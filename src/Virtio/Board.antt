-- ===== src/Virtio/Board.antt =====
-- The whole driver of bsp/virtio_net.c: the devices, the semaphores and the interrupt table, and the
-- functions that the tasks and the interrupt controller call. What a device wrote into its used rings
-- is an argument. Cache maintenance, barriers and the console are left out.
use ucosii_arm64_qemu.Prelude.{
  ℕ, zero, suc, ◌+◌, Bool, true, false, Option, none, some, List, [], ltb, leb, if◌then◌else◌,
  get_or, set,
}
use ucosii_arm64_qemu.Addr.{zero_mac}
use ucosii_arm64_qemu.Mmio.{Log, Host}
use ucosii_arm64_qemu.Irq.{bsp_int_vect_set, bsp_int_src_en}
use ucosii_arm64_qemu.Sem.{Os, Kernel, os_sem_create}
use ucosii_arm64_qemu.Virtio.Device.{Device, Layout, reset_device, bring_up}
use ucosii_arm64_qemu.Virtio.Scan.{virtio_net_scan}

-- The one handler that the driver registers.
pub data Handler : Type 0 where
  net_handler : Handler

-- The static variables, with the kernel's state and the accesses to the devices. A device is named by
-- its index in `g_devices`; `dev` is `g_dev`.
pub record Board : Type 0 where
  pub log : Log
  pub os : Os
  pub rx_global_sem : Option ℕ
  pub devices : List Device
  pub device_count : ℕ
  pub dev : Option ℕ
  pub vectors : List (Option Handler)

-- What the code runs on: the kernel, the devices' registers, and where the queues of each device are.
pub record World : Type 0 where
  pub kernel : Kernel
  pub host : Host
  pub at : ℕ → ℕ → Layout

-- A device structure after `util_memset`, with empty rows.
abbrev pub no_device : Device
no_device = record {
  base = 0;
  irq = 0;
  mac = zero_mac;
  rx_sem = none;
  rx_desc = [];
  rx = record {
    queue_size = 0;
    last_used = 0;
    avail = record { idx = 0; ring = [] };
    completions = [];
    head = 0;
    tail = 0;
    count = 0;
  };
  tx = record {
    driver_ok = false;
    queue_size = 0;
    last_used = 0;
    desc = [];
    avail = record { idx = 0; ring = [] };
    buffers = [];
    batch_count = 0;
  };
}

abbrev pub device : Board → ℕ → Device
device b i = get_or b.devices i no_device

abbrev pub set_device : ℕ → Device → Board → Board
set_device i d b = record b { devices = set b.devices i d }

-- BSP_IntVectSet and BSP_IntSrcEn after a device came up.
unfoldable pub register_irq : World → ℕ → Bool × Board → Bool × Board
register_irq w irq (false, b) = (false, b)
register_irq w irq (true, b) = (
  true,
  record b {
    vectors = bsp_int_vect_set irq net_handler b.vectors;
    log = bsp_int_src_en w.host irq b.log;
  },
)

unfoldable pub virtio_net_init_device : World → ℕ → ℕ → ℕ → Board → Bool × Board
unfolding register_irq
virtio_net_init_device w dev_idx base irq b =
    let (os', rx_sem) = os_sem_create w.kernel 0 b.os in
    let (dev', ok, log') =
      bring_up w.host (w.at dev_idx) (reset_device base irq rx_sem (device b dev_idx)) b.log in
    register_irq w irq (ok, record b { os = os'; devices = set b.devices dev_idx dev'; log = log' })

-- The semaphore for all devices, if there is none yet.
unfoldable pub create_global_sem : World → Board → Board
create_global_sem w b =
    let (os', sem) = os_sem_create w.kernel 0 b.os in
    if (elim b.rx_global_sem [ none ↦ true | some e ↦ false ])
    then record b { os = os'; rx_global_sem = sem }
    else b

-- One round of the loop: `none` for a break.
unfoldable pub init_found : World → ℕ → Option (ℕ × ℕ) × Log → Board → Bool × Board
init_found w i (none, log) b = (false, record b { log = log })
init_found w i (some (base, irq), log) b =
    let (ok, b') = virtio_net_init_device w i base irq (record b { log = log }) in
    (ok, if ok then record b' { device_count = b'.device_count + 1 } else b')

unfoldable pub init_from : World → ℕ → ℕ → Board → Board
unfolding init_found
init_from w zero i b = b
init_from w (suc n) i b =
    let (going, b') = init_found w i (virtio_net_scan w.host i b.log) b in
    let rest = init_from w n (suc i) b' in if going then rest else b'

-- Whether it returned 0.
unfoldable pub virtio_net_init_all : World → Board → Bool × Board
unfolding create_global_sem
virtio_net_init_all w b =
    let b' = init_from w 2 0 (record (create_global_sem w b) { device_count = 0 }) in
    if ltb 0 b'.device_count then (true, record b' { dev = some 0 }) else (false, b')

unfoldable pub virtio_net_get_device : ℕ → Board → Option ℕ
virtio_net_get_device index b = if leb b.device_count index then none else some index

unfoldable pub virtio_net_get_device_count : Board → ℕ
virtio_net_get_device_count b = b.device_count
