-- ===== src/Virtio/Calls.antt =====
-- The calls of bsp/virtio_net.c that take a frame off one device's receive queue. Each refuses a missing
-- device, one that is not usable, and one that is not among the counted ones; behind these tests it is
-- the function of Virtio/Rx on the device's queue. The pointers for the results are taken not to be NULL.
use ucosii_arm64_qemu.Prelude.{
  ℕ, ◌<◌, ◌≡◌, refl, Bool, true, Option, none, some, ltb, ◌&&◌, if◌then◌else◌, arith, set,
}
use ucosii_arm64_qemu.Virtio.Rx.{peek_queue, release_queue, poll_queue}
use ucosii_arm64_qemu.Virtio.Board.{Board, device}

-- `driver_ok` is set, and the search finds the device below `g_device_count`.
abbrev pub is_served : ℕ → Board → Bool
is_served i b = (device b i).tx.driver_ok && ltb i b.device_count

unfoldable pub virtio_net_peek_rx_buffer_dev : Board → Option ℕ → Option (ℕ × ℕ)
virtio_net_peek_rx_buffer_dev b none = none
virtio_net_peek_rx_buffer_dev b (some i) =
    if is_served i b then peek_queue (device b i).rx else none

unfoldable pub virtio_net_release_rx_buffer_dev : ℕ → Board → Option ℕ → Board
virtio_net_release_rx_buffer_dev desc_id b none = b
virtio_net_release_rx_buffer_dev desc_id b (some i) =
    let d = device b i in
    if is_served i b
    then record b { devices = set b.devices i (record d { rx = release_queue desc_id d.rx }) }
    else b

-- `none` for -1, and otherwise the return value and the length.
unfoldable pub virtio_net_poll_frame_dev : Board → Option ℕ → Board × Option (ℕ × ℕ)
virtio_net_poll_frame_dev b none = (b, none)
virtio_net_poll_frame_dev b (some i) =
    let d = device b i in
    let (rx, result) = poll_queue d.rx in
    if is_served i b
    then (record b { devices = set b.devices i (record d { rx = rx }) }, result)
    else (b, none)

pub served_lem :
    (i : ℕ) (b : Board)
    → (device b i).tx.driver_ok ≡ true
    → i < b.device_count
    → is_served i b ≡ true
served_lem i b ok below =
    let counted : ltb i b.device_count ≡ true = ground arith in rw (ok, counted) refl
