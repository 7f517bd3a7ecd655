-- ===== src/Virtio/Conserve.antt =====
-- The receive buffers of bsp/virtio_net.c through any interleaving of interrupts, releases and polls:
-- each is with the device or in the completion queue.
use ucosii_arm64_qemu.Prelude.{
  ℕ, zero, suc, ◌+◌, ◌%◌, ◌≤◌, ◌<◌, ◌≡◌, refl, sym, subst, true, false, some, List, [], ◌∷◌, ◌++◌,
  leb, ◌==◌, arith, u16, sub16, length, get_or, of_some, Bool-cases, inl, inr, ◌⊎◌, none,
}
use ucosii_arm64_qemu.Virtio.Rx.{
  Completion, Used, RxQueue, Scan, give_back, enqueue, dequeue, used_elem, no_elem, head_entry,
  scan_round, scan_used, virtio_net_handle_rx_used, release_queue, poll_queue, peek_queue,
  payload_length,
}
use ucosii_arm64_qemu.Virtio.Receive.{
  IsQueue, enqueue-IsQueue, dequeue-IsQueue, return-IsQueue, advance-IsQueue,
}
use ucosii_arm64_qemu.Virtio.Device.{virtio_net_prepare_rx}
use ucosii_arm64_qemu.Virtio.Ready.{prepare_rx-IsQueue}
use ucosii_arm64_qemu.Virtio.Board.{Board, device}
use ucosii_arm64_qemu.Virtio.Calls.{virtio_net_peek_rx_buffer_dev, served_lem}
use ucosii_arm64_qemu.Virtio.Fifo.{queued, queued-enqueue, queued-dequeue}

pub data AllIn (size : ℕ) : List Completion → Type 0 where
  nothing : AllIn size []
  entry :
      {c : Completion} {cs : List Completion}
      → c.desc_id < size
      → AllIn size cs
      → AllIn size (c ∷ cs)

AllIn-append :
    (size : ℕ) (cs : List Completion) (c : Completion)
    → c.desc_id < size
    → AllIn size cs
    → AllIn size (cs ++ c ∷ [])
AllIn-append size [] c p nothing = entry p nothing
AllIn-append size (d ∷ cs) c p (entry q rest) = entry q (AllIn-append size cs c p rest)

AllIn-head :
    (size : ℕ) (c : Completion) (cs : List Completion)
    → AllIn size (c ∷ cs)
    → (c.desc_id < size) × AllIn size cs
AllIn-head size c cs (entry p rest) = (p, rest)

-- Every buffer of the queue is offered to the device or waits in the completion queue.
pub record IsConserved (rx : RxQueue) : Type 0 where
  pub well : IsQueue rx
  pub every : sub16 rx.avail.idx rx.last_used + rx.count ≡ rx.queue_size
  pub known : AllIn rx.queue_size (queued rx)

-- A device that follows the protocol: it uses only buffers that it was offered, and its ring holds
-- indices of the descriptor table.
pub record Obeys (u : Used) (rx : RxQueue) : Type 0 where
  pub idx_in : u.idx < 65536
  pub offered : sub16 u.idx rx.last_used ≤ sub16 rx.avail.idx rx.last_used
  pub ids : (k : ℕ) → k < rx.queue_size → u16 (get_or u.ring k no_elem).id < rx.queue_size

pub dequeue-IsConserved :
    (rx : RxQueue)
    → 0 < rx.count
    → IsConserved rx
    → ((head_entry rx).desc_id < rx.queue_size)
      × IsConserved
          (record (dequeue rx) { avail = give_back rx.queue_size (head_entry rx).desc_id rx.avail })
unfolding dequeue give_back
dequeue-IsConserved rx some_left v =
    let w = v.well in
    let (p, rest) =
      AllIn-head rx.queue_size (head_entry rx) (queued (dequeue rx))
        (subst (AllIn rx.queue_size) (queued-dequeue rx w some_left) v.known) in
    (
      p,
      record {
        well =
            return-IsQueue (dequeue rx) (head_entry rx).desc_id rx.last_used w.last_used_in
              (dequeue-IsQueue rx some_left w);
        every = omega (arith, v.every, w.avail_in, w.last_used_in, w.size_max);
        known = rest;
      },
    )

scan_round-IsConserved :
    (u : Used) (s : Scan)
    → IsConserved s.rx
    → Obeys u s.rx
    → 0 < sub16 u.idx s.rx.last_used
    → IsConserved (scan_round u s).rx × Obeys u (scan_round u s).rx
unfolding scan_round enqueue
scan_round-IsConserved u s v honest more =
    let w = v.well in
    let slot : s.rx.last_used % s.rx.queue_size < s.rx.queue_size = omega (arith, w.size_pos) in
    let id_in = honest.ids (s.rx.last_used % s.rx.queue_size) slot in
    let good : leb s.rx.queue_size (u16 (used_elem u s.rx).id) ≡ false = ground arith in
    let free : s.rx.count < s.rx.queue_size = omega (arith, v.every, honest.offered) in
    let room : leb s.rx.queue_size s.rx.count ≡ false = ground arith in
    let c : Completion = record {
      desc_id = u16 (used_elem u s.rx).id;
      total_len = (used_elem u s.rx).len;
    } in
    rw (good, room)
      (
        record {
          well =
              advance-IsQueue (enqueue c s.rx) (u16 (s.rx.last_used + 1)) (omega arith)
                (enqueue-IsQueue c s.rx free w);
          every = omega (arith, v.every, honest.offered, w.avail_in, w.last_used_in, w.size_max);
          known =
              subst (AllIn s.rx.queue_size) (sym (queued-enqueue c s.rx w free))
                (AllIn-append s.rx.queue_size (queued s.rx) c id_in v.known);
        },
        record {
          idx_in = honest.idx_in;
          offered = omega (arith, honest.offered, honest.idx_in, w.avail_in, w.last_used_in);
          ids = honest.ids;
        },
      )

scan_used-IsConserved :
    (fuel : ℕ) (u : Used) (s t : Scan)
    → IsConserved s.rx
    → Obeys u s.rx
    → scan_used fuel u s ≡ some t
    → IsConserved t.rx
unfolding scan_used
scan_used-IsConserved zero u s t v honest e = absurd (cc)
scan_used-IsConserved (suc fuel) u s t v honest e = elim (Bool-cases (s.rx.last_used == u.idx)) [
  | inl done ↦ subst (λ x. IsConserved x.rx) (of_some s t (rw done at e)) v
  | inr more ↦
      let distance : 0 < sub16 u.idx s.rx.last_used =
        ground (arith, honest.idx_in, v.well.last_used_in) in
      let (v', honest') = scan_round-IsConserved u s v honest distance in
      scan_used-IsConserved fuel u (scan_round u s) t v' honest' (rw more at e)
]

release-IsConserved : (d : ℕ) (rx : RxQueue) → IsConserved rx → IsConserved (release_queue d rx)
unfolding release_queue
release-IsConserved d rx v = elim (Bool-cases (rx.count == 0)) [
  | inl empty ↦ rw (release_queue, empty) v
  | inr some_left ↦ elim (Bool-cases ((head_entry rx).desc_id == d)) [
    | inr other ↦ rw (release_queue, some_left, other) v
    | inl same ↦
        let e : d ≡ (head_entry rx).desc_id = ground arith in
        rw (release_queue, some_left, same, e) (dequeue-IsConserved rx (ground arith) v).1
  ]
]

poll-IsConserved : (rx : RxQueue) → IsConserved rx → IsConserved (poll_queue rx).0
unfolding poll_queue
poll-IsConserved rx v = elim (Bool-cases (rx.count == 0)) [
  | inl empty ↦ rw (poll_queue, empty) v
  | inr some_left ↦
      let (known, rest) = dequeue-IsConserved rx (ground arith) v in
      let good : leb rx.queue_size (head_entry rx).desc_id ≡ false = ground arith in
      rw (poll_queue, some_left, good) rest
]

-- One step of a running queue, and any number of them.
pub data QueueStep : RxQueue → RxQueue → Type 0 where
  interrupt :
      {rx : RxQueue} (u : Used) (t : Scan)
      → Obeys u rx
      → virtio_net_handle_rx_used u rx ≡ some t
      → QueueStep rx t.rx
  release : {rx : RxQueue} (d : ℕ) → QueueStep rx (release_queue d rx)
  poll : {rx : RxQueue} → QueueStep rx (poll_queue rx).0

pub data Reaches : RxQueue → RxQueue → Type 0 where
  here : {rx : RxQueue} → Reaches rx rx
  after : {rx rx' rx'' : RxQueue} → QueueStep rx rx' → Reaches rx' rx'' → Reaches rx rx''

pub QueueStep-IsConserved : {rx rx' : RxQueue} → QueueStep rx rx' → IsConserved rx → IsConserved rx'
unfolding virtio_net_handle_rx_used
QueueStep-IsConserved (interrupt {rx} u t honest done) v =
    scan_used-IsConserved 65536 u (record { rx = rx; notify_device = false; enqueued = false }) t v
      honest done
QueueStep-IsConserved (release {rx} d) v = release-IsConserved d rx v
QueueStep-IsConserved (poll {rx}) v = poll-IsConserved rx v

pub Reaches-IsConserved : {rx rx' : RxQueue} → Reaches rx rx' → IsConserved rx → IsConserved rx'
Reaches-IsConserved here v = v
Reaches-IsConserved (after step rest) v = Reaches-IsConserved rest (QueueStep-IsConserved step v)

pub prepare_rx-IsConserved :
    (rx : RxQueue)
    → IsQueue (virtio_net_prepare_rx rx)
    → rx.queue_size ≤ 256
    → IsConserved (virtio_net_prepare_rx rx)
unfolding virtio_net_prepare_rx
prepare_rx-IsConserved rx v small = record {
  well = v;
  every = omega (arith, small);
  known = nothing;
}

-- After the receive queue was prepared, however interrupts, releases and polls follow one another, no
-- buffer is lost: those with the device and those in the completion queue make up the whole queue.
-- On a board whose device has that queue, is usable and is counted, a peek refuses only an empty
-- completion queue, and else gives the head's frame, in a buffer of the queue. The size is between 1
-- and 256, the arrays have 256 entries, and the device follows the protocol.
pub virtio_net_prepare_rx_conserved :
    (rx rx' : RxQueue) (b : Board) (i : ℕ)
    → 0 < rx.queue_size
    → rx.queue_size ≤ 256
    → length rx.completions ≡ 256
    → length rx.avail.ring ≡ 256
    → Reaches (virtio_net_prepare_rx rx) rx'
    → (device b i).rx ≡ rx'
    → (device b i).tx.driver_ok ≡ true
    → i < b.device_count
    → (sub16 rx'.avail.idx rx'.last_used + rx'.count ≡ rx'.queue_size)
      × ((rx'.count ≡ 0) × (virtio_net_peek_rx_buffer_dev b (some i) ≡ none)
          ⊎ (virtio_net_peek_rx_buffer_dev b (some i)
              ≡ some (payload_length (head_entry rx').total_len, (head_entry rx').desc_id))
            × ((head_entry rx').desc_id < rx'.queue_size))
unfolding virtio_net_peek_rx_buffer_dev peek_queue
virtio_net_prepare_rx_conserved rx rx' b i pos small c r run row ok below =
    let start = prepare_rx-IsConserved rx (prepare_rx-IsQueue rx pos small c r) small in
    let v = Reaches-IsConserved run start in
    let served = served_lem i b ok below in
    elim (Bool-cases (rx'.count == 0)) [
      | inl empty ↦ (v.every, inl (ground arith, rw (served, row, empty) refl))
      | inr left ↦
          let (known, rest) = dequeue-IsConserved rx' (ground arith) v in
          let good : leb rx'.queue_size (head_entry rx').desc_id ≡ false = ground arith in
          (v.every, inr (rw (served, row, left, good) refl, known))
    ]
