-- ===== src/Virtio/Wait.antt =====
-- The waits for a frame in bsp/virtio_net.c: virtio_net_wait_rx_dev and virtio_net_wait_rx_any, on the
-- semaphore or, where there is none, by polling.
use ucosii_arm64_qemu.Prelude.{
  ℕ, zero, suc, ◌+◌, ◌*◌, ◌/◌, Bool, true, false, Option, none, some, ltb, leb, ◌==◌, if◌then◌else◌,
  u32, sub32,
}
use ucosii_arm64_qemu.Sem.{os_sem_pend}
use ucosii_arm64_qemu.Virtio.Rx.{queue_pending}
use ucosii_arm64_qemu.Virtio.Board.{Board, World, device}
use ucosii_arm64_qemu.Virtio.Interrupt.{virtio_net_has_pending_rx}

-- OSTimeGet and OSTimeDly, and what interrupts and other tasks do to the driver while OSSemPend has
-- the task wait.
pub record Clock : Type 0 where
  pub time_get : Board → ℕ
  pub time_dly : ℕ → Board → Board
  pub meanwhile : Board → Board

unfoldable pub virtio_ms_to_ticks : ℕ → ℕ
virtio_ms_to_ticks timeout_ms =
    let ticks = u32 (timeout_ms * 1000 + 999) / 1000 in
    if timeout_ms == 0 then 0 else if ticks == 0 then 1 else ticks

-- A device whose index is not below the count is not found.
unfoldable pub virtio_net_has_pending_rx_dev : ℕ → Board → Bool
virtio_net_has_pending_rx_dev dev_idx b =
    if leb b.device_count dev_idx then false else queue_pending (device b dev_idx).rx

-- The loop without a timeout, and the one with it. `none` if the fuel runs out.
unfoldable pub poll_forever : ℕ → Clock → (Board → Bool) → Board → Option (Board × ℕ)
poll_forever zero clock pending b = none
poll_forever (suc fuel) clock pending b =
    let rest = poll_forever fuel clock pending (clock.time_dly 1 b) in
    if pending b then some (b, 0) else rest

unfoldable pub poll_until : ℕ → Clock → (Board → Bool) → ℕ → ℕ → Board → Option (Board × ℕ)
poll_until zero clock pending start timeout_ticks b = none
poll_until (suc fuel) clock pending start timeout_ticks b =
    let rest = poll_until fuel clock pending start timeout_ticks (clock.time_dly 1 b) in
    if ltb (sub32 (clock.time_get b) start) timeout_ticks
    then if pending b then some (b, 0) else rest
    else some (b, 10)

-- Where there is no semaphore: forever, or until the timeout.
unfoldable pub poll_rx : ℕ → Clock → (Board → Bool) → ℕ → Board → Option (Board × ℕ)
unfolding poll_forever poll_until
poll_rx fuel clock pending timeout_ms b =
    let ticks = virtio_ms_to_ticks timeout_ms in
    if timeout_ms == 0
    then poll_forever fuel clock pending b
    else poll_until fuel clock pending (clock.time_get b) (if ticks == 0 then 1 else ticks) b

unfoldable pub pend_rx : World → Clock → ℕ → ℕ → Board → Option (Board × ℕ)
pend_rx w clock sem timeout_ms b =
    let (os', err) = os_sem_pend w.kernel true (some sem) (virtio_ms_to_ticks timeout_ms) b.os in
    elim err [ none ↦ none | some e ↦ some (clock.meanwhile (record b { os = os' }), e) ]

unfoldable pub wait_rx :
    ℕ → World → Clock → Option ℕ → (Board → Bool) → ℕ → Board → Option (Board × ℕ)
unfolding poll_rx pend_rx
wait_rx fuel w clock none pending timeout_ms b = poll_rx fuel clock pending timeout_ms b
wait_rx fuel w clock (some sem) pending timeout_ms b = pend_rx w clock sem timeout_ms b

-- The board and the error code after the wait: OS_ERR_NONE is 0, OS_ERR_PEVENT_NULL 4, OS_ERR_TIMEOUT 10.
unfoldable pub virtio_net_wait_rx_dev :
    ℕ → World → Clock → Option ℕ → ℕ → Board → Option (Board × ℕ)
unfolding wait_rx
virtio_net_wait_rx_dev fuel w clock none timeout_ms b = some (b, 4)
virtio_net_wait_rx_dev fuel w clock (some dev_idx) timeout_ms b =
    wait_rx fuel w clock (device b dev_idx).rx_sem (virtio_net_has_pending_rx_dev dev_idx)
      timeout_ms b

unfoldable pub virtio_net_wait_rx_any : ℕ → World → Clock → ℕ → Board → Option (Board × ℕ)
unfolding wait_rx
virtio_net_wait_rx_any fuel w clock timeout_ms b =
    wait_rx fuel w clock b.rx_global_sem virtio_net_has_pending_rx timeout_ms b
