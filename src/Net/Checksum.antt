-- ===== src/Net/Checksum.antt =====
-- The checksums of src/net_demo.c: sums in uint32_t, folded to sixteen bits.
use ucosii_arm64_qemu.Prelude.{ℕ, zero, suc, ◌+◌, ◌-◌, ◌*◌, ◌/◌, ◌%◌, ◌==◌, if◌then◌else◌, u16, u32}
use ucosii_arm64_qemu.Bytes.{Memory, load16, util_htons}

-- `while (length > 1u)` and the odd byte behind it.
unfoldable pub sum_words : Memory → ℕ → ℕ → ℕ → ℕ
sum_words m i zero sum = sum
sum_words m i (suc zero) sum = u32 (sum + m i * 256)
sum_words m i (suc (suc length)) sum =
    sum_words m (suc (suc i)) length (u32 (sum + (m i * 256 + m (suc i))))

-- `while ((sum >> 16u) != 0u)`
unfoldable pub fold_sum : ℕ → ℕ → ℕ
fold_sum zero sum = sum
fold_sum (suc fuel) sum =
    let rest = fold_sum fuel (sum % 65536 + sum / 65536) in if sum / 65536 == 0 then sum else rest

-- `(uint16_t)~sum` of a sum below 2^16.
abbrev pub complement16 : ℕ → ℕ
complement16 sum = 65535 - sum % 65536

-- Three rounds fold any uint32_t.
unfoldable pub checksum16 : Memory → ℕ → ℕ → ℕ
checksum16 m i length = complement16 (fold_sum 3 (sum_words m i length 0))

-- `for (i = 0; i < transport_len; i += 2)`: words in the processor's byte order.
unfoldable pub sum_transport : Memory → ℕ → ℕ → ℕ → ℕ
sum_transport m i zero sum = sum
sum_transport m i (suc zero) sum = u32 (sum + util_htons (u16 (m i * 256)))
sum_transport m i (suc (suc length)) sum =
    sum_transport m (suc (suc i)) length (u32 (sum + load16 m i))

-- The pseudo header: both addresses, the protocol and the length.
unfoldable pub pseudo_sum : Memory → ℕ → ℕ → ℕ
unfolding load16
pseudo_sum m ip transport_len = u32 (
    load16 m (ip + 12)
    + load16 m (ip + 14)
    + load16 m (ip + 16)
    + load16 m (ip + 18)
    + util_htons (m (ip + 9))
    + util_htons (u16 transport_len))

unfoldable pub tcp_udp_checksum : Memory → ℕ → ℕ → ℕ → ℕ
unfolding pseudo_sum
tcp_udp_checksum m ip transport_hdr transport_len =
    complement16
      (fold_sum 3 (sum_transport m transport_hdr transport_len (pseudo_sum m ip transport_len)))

····················

**What to produce**.
Would you please write out, exactly and with no other lines, the stretch of the listing above from the line containing "sum_words m i zero sum = sum" through the line containing "processor's byte order."?

**Exercise answer**.
sum_words m i zero sum = sum
sum_words m i (suc zero) sum = u32 (sum + m i * 256)
sum_words m i (suc (suc length)) sum =
    sum_words m (suc (suc i)) length (u32 (sum + (m i * 256 + m (suc i))))

-- `while ((sum >> 16u) != 0u)`
unfoldable pub fold_sum : ℕ → ℕ → ℕ
fold_sum zero sum = sum
fold_sum (suc fuel) sum =
    let rest = fold_sum fuel (sum % 65536 + sum / 65536) in if sum / 65536 == 0 then sum else rest

-- `(uint16_t)~sum` of a sum below 2^16.
abbrev pub complement16 : ℕ → ℕ
complement16 sum = 65535 - sum % 65536

-- Three rounds fold any uint32_t.
unfoldable pub checksum16 : Memory → ℕ → ℕ → ℕ
checksum16 m i length = complement16 (fold_sum 3 (sum_words m i length 0))

-- `for (i = 0; i < transport_len; i += 2)`: words in the processor's byte order.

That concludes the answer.